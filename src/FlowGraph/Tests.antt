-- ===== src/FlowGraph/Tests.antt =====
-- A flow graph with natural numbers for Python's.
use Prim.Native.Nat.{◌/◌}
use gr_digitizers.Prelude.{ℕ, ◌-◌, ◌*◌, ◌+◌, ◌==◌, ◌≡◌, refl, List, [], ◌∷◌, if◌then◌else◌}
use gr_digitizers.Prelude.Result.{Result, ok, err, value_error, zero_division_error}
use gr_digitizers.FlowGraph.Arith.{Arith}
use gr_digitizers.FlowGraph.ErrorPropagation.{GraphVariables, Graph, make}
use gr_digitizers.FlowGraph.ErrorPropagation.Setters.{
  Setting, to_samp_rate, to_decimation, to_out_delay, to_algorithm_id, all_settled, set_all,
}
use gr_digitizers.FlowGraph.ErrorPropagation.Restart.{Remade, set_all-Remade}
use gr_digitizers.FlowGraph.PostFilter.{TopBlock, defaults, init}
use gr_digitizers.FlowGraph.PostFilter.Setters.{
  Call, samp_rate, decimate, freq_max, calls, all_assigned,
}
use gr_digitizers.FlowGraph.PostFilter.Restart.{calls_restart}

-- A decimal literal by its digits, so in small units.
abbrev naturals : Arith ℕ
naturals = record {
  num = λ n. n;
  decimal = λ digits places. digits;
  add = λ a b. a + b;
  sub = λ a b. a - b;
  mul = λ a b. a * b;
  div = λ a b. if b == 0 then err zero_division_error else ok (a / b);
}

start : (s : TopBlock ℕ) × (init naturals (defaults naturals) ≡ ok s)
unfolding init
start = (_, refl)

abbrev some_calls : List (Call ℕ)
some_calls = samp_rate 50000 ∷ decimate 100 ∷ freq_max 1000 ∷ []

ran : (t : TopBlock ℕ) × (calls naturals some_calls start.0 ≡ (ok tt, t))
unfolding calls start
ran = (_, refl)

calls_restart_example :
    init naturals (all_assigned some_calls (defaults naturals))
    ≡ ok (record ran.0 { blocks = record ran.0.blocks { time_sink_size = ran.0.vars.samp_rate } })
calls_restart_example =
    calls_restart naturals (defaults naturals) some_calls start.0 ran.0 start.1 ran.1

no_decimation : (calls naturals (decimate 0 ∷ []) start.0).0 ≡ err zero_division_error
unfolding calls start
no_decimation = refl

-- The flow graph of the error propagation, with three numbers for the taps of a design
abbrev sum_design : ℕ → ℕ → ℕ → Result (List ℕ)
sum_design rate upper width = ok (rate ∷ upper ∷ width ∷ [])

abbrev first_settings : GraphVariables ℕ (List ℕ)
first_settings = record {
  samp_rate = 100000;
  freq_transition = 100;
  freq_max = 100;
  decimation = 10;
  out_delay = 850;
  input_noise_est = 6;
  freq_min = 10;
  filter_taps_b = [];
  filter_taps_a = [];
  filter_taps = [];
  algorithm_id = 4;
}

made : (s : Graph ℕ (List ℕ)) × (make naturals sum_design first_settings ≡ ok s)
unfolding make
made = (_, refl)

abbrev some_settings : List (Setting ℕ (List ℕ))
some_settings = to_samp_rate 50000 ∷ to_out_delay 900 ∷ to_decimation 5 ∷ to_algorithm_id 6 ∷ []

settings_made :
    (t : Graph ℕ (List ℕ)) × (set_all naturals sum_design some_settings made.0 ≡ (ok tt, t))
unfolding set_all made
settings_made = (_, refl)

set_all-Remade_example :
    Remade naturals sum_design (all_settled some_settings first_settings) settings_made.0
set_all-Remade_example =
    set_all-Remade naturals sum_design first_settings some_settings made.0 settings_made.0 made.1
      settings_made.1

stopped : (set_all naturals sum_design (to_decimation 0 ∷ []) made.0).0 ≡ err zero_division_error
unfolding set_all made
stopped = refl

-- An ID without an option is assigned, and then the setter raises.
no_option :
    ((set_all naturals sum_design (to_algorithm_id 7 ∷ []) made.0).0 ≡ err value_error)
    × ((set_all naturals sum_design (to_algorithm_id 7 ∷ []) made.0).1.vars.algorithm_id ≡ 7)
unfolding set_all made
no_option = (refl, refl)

Problem statement:
In full and exactly, transcribe the material above.

Answer for this exercise:
filename src/FlowGraph/Tests.antt
-- ===== src/FlowGraph/Tests.antt =====
-- A flow graph with natural numbers for Python's.
use Prim.Native.Nat.{◌/◌}
use gr_digitizers.Prelude.{ℕ, ◌-◌, ◌*◌, ◌+◌, ◌==◌, ◌≡◌, refl, List, [], ◌∷◌, if◌then◌else◌}
use gr_digitizers.Prelude.Result.{Result, ok, err, value_error, zero_division_error}
use gr_digitizers.FlowGraph.Arith.{Arith}
use gr_digitizers.FlowGraph.ErrorPropagation.{GraphVariables, Graph, make}
use gr_digitizers.FlowGraph.ErrorPropagation.Setters.{
  Setting, to_samp_rate, to_decimation, to_out_delay, to_algorithm_id, all_settled, set_all,
}
use gr_digitizers.FlowGraph.ErrorPropagation.Restart.{Remade, set_all-Remade}
use gr_digitizers.FlowGraph.PostFilter.{TopBlock, defaults, init}
use gr_digitizers.FlowGraph.PostFilter.Setters.{
  Call, samp_rate, decimate, freq_max, calls, all_assigned,
}
use gr_digitizers.FlowGraph.PostFilter.Restart.{calls_restart}

-- A decimal literal by its digits, so in small units.
abbrev naturals : Arith ℕ
naturals = record {
  num = λ n. n;
  decimal = λ digits places. digits;
  add = λ a b. a + b;
  sub = λ a b. a - b;
  mul = λ a b. a * b;
  div = λ a b. if b == 0 then err zero_division_error else ok (a / b);
}

start : (s : TopBlock ℕ) × (init naturals (defaults naturals) ≡ ok s)
unfolding init
start = (_, refl)

abbrev some_calls : List (Call ℕ)
some_calls = samp_rate 50000 ∷ decimate 100 ∷ freq_max 1000 ∷ []

ran : (t : TopBlock ℕ) × (calls naturals some_calls start.0 ≡ (ok tt, t))
unfolding calls start
ran = (_, refl)

calls_restart_example :
    init naturals (all_assigned some_calls (defaults naturals))
    ≡ ok (record ran.0 { blocks = record ran.0.blocks { time_sink_size = ran.0.vars.samp_rate } })
calls_restart_example =
    calls_restart naturals (defaults naturals) some_calls start.0 ran.0 start.1 ran.1

no_decimation : (calls naturals (decimate 0 ∷ []) start.0).0 ≡ err zero_division_error
unfolding calls start
no_decimation = refl

-- The flow graph of the error propagation, with three numbers for the taps of a design
abbrev sum_design : ℕ → ℕ → ℕ → Result (List ℕ)
sum_design rate upper width = ok (rate ∷ upper ∷ width ∷ [])

abbrev first_settings : GraphVariables ℕ (List ℕ)
first_settings = record {
  samp_rate = 100000;
  freq_transition = 100;
  freq_max = 100;
  decimation = 10;
  out_delay = 850;
  input_noise_est = 6;
  freq_min = 10;
  filter_taps_b = [];
  filter_taps_a = [];
  filter_taps = [];
  algorithm_id = 4;
}

made : (s : Graph ℕ (List ℕ)) × (make naturals sum_design first_settings ≡ ok s)
unfolding make
made = (_, refl)

abbrev some_settings : List (Setting ℕ (List ℕ))
some_settings = to_samp_rate 50000 ∷ to_out_delay 900 ∷ to_decimation 5 ∷ to_algorithm_id 6 ∷ []

settings_made :
    (t : Graph ℕ (List ℕ)) × (set_all naturals sum_design some_settings made.0 ≡ (ok tt, t))
unfolding set_all made
settings_made = (_, refl)

set_all-Remade_example :
    Remade naturals sum_design (all_settled some_settings first_settings) settings_made.0
set_all-Remade_example =
    set_all-Remade naturals sum_design first_settings some_settings made.0 settings_made.0 made.1
      settings_made.1

stopped : (set_all naturals sum_design (to_decimation 0 ∷ []) made.0).0 ≡ err zero_division_error
unfolding set_all made
stopped = refl

-- An ID without an option is assigned, and then the setter raises.
no_option :
    ((set_all naturals sum_design (to_algorithm_id 7 ∷ []) made.0).0 ≡ err value_error)
    × ((set_all naturals sum_design (to_algorithm_id 7 ∷ []) made.0).1.vars.algorithm_id ≡ 7)
unfolding set_all made
no_option = (refl, refl)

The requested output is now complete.